WHAT YOU SHOULD DO => Return exactly the lines of the records below, starting at the line that contains "other : String → Number" and ending at the line that contains "pub data Fields : Type 0 where", with both of those lines kept.

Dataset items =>
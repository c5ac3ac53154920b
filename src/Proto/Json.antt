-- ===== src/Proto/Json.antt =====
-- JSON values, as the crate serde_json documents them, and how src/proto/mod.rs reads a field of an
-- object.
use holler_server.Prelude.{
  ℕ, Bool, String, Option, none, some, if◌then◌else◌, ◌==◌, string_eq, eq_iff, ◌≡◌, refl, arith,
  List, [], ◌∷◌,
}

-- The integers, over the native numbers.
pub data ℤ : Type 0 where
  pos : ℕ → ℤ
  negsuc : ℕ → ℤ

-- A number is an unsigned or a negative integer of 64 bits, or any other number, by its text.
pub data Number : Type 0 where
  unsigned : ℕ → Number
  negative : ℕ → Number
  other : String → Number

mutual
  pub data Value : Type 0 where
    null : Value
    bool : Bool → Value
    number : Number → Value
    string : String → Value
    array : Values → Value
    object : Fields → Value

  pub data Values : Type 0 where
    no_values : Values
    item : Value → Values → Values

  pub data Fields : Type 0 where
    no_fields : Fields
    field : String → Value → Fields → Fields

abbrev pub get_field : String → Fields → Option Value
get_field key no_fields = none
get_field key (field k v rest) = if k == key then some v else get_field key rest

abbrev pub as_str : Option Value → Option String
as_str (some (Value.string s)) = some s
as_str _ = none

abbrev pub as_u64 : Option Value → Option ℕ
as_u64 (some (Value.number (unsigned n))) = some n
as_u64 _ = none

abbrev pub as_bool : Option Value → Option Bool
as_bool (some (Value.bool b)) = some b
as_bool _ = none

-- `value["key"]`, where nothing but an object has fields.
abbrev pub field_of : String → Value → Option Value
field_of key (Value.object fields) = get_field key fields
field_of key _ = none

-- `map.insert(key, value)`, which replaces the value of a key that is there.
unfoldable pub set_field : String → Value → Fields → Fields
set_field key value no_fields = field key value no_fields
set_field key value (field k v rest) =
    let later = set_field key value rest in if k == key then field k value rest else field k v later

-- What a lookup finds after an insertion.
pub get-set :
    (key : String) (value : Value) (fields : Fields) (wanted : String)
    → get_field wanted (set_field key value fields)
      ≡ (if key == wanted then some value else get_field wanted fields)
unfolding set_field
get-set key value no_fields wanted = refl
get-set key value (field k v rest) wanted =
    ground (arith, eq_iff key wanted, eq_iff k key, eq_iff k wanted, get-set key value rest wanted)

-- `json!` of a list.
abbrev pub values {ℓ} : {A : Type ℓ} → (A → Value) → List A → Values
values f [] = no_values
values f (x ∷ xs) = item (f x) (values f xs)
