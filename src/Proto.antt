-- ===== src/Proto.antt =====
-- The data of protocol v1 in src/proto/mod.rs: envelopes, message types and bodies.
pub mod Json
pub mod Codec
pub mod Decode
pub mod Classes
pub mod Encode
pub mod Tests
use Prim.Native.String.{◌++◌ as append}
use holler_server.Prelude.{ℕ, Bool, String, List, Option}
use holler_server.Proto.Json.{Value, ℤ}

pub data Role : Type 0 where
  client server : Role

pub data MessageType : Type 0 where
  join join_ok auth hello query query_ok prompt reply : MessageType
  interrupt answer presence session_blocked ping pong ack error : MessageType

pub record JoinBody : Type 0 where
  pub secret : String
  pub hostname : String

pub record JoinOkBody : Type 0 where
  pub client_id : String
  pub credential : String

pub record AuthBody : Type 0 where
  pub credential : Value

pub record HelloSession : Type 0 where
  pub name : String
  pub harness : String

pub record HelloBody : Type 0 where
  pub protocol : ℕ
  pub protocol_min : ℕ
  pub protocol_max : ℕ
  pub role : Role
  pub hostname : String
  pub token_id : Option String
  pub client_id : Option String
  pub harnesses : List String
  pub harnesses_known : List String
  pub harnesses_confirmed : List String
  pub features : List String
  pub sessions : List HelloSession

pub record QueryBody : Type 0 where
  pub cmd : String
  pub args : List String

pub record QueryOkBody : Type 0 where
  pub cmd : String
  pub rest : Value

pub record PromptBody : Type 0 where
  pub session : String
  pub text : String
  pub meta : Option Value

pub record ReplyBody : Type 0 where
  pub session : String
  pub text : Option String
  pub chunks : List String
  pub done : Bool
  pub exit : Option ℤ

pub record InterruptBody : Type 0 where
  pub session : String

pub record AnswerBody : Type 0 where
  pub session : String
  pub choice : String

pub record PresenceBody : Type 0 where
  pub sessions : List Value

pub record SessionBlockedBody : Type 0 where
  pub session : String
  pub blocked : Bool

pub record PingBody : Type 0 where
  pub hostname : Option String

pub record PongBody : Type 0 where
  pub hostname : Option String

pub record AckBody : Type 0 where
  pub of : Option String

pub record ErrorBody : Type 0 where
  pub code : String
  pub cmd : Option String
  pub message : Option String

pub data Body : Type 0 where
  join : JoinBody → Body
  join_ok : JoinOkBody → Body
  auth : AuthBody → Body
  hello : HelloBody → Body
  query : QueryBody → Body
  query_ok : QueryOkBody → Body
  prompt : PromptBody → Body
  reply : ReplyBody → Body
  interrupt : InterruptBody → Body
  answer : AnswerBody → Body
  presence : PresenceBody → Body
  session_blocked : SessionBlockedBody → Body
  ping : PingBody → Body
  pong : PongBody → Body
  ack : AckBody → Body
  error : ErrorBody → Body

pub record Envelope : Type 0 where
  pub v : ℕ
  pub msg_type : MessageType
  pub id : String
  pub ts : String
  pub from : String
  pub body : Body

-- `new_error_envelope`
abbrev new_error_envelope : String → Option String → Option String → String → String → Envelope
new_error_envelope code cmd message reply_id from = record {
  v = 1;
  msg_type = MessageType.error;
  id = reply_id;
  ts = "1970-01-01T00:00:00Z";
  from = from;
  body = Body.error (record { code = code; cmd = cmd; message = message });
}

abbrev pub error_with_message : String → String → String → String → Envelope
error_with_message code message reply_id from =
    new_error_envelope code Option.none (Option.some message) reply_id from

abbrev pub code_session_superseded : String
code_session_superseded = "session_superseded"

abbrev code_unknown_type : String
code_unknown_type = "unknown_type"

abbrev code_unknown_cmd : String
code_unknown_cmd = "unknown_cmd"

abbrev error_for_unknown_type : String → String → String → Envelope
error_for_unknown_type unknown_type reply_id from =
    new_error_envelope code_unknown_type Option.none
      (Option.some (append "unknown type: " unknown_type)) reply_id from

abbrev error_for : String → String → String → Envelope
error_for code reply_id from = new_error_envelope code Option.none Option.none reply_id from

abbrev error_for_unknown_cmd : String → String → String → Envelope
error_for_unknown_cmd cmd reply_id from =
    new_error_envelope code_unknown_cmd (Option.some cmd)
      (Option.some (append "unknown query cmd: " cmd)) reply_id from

RESPONSE =>
  other : String → Number

mutual
  pub data Value : Type 0 where
    null : Value
    bool : Bool → Value
    number : Number → Value
    string : String → Value
    array : Values → Value
    object : Fields → Value

  pub data Values : Type 0 where
    no_values : Values
    item : Value → Values → Values

  pub data Fields : Type 0 where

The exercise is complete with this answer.